Y los hechos en sí, más allá de los discursos, revelan la falsedad de la narrativa del "antisemitismo"".

"La persona que detuvo al atacante en Sídney e impidió que completara la masacre -continúa- no era judía ni un agente de seguridad, sino un joven árabe musulmán llamado Ahmed Al-Ahmad, padre de dos hijos, dueño de una sencilla frutería y sin experiencia con armas. Se enfrentó solo al agresor, le quitó el arma y recibió dos disparos. El propio primer ministro australiano describió la acción de Ahmed Al-Ahmad como una escena asombrosa y reconoció que su valentía salvó incontables vidas".

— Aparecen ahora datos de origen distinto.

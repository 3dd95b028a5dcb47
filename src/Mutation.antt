-- ===== src/Mutation.antt =====
-- The mutators (fuzzer/fuzzer/mutations.h and mutations.cpp).
pub mod Single
pub mod Block
pub mod Digits
pub mod Choice
use fuzzer_goal_directed.Prelude.{ℕ}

"Esta sola verdad basta para desmontar toda la narrativa. Si el mundo estuviera en una guerra de religiones, un hombre musulmán no habría arriesgado su vida para salvar a fieles judíos. Lo que ocurre no es un conflicto religioso, sino un conflicto entre una humanidad que aún resiste y una criminalidad que intenta vestirse con ropajes morales. El antisemitismo no se combate con genocidio, y criminalizar el genocidio no implica odiar a los judíos. La confusión deliberada entre ambas cosas no es ignorancia, sino una política calculada para silenciar al mundo. Netanyahu, primer ministro de la entidad ocupante fascista, racista y criminal, no combate el odio: lo fabrica... y luego comercia con él", recogía el escrito.

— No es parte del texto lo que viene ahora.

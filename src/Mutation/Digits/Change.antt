-- ===== src/Mutation/Digits/Change.antt =====
-- `ChangeASCIIIntegerMutator` against the description of numbers in Value
-- (fuzzer/fuzzer/mutations.cpp).
use fuzzer_goal_directed.Prelude.{
  ℕ, ◌-◌, ◌%◌, ◌≡◌, List, [], ◌∷◌, length, get_or, take, drop, u64_mod, to_u32,
}
use fuzzer_goal_directed.Random.{Rand, next_number}
use fuzzer_goal_directed.Individual.{Individual}
use fuzzer_goal_directed.Mutation.Digits.Room.{replaced}
use fuzzer_goal_directed.Mutation.Digits.Value.{number, IsDecimal, change}

-- The number that is read of the `n` digits at `start`: the first digit stands twice in front, and the
-- last one is left out.
abbrev pub number_read : List ℕ → ℕ → ℕ → ℕ
number_read bytes start n =
    number 0 (get_or bytes start 0 ∷ take (n - 1) (drop start bytes)) % u64_mod

-- What becomes of the bytes whose runs of digits are known: nothing if there are none; else one run is
-- drawn, and the text of the changed number takes its place.
abbrev pub Rewritten : Rand → List ℕ → List (ℕ × ℕ) → List ℕ → Rand → Type 0
Rewritten r bytes [] after r' = (after ≡ bytes) × (r' ≡ r)
Rewritten r bytes (run ∷ others) after r' =
    let (chosen, r1) = next_number r (to_u32 (length (run ∷ others))) in
    let (start, n) = get_or (run ∷ others) chosen (0, 0) in
    let (value, r2) = change r1 (number_read bytes start n) in
    (digits : List ℕ) × IsDecimal value digits × (after ≡ replaced bytes start n digits) × (r' ≡ r2)
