-- ===== src/Domain.antt =====
-- The domain types of crates/embyr-core/src/domain.
pub mod FieldValue
pub mod Query
pub mod Error
pub mod FieldTransform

Posteriormente, distintas personas han leído el comunicado de esta jornada. En el mismo, tras hacer un resumen histórico de los conflictos coloniales y de la zona, se afirma que "ocho décadas después, la misma lógica colonial se repite: potencias extranjeras, en connivencia con el poder ocupante, pretenden diseñar unilateralmente el futuro de Palestina. Si entonces fue con un lápiz y un mapa, hoy es mediante la herramienta del genocidio".

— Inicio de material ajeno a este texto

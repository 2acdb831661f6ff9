-- ===== src/Domain/Error.antt =====
-- crates/embyr-core/src/error.rs.
use embyr_rs.Base.Text.{Text}

pub data CoreError : Type 0 where
  project_not_found document_not_found already_exists : Text → CoreError
  occ_conflict transaction_not_found transaction_aborted : CoreError
  invalid_argument backend_unavailable failed_precondition permission_denied : Text → CoreError
  unauthenticated : CoreError
  resource_exhausted : Text → CoreError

"El llamado plan de Trump-Netanyahu -señala- no es más que la versión contemporánea de ese mismo esquema colonial: legitima la anexión, blinda la ocupación militar y reduce a Palestina a enclaves fragmentados sin soberanía ni viabilidad. Es la actualización del proyecto sionista, respaldado por el supremacismo de Estados Unidos. El genocidio continúa.

"Pero si la historia de Palestina está marcada por la imposición colonial, aún lo está más marcada por la legítima resistencia del pueblo palestino. El objetivo común por el que luchamos es poner fin a toda violencia en toda Palestina, al genocidio, a la ocupación militar, al apartheid y al colonialismo de Israel contra el pueblo palestino", finaliza.

La concentración ha terminado entre llamamientos a permanecer alertas y contribuir, mediante estrategia BDS, a la resistencia.